Thank you for looking into this. Having not run into this problem before I did some reading which led me to https://docs.xilinx.com/r/en-US/ug949-vivado-design-methodology/Follow-Control-Set-Guidelines, where they describe a report that can be generated by Vivado on the number of control sets. Is the data available between Yosys and Nextpnr to do something similar? And if nextpnr would be able to generate these numbers, would you have some pointers for me as to where to start with this?
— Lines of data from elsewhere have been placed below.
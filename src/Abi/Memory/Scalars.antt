-- ===== src/Abi/Memory/Scalars.antt =====
-- internal/abi/memory.go: numbers, strings and the other primitives, stored and loaded again.
use component_model.Prelude.{
  ℕ, ◌+◌, ◌-◌, ◌%◌, ◌≤◌, ◌<◌, ◌^◌, ◌≡◌, ◌⊎◌, inl, inr, refl, ap, ◌∙◌, arith, Bool, true, false, not,
  ltb, leb, ◌&&◌, if◌then◌else◌, Result, ok, ◌>>◌, ok-injective, Bool-cases,
}
use mathlib.Core.Path.{subst}
use component_model.Descriptor.{PrimName}
use component_model.Abi.Value.{Value, bool_value, int32_value}
use component_model.Abi.Memory.{
  Memory, MemError, Realloc, check, checked_range, is_word_size, little_endian, put_little_endian,
  load_word, load_int, boxed, sign_extend_from, store_int,
}
use component_model.Abi.Memory.Words.{
  put_little_endian-outside, little_endian-put_little_endian, little_endian-put_one,
  little_endian-put_two, little_endian-agree,
}
use component_model.Abi.Memory.Fits.{IsNegative}
use component_model.Abi.Memory.Load.{load_primitive, load_char}
use component_model.Abi.Memory.Store.{store_char}
use component_model.Abi.Memory.Wrote.{Wrote, Wrote-wider, Live}

-- What a successful check says.
pub check-holds {ℓ} :
    {A : Type ℓ} (b : Bool) (e : MemError) (rest : Result MemError A) {a : A}
    → (check b e >> rest) ≡ ok a
    → (b ≡ true) × (rest ≡ ok a)
check-holds true e rest h = (refl, h)
check-holds false e rest h = cc

-- A store of a number checked its range and its width.
store_int-ok :
    (mem : Memory) (p v n : ℕ) {after : Memory}
    → store_int mem p v n ≡ ok after
    → (p + n ≤ mem.size)
      × (is_word_size n ≡ true)
      × (record mem { byte = put_little_endian n p v mem.byte } ≡ after)
unfolding store_int checked_range
store_int-ok mem p v n e = elim (Bool-cases (ltb mem.size (p + n))) [
  | inl over ↦ absurd (ground arith)
  | inr inside ↦ elim (Bool-cases (is_word_size n)) [
    | inl word ↦ (ground arith, word, ok-injective (rw (inside, word) at e))
    | inr other ↦ absurd (ground arith)
  ]
]

load_word-ok :
    (m : Memory) (p n : ℕ)
    → p + n ≤ m.size
    → is_word_size n ≡ true
    → load_word m p n ≡ ok (little_endian n m.byte p)
unfolding load_word checked_range
load_word-ok m p n inside word = ground arith

module _ (live : ℕ → ℕ → Type 0) where
  pub store_int-Wrote :
      (mem : Memory) (p v n w : ℕ) {after : Memory}
      → little_endian n (put_little_endian n p v mem.byte) p ≡ w
      → Live live mem p (p + n)
      → store_int mem p v n ≡ ok after
      → Wrote live mem after p (p + n) (λ m. load_word m p n ≡ ok w)
  store_int-Wrote mem p v n w back here e =
      let (inside, word, same) = store_int-ok mem p v n e in
      subst (λ after. Wrote live mem after p (p + n) (λ m. load_word m p n ≡ ok w)) same
        (record {
          same_size = refl;
          keeps = λ k l out. put_little_endian-outside n p v mem.byte k out;
          stays_live = λ k l. l;
          reads = λ m size agree.
              load_word-ok m p n (omega (arith, size)) word
              ∙ ap ok (
                  little_endian-agree n p _ _
                    (λ k above under. agree k (here k (above, under)) (inl (above, under)))
                  ∙ back);
        })

  -- The same with what a load makes of the number.
  store_number :
      (mem : Memory) (p v n w : ℕ) {after : Memory} {R : Memory → Type 0}
      → little_endian n (put_little_endian n p v mem.byte) p ≡ w
      → ((m : Memory) → load_word m p n ≡ ok w → R m)
      → Live live mem p (p + n)
      → store_int mem p v n ≡ ok after
      → Wrote live mem after p (p + n) R
  store_number mem p v n w back loads here e =
      Wrote-wider live (omega arith) (omega arith) (λ m size. loads m)
        (store_int-Wrote mem p v n w back here e)

  pub store_unsigned :
      (mem : Memory) (p v n : ℕ) {after : Memory} {R : Memory → Type 0}
      → v < 256 ^ n
      → ((m : Memory) → load_word m p n ≡ ok v → R m)
      → Live live mem p (p + n)
      → store_int mem p v n ≡ ok after
      → Wrote live mem after p (p + n) R
  store_unsigned mem p v n small loads here e =
      store_number mem p v n v (little_endian-put_little_endian n p v mem.byte small) loads here e

  module _ (realloc : Realloc) (mem : Memory) (p : ℕ) (after : Memory) where
    abbrev pub PrimitiveWrote : PrimName → Value → ℕ → Type 0
    PrimitiveWrote prim v s = Wrote live mem after p (p + s) (λ m. load_primitive m p prim ≡ ok v)

    pub store_char-Wrote :
        (r : ℕ)
        → Live live mem p (p + 4)
        → store_char mem p r ≡ ok after
        → PrimitiveWrote PrimName.char (int32_value r) 4
    unfolding store_char load_primitive load_char
    store_char-Wrote r here e =
        let (below, e1) = check-holds (ltb r 0x110000) _ _ e in
        let (whole, e2) = check-holds (not (leb 0xD800 r && leb r 0xDFFF)) _ _ e1 in
        let inside : leb 0x110000 r ≡ false = ground arith in
        let scalar : (leb 0xD800 r && leb r 0xDFFF) ≡ false = ground arith in
        store_unsigned mem p r 4 (ground arith) (λ m l. rw (l, inside, scalar) refl) here e2

    pub store_signed-Wrote :
        (i : ℕ)
        → Live live mem p (p + 2)
        → (i < 2 ^ 15) ⊎ IsNegative 16 i
        → store_int mem p i 2 ≡ ok after
        → PrimitiveWrote PrimName.s16 (int32_value i) 2
    unfolding load_primitive load_int boxed sign_extend_from
    store_signed-Wrote i here fits e =
        let back = little_endian-put_two p i mem.byte in
        let extended : sign_extend_from 16 32 (i % 2 ^ 16) ≡ i = ground arith in
        store_number mem p i 2 (i % 2 ^ 16) back (λ m l. rw (l, extended) refl) here e

    pub store_byte-Wrote :
        (i : ℕ)
        → Live live mem p (p + 1)
        → IsNegative 8 i
        → store_int mem p i 1 ≡ ok after
        → PrimitiveWrote PrimName.s8 (int32_value i) 1
    unfolding load_primitive load_int boxed sign_extend_from
    store_byte-Wrote i here fits e =
        let back = little_endian-put_one p i mem.byte in
        let top : ltb (i % 2 ^ 8) 0x80 ≡ false = ground arith in
        let extended : i % 2 ^ 8 + (2 ^ 32 - 2 ^ 8) ≡ i = ground arith in
        store_number mem p i 1 (i % 2 ^ 8) back (λ m l. rw (l, top, extended) refl) here e

    pub store_bool-Wrote :
        (b : Bool)
        → Live live mem p (p + 1)
        → store_int mem p (if b then 1 else 0) 1 ≡ ok after
        → PrimitiveWrote PrimName.bool (bool_value b) 1
    unfolding load_primitive
    store_bool-Wrote true here e = store_unsigned mem p 1 1 (omega arith) (λ m l. rw l refl) here e
    store_bool-Wrote false here e = store_unsigned mem p 0 1 (omega arith) (λ m l. rw l refl) here e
Would I have to start with the control signals for each cell in the design and walk backwards to determine the unique sets?

Looking at the command help for opt_dff in Yosys the description for -nodffe is pretty high level. What are the effects of using this flags? And presumably you'd usually want this to happen (otherwise it wouldn't be enabled by default), but I am guessing it can't be applied more selectively?

arjenroodselaar commented 1 year ago

Using the -nodffe option to synth_ecp5 does indeed get the design the place, but at the expense of going from 63% utilization of TRELLIS_COMB to 80%. Adding the -mince and -minsrst options to the dfflegalize step and setting these to 8 allows the design to be placed with a modest utilization increase of only 3%. This provides just the trade-off I was looking for. Those options are currently not exposed in the synth_ecp5 script, but I'll put together a diff to add them.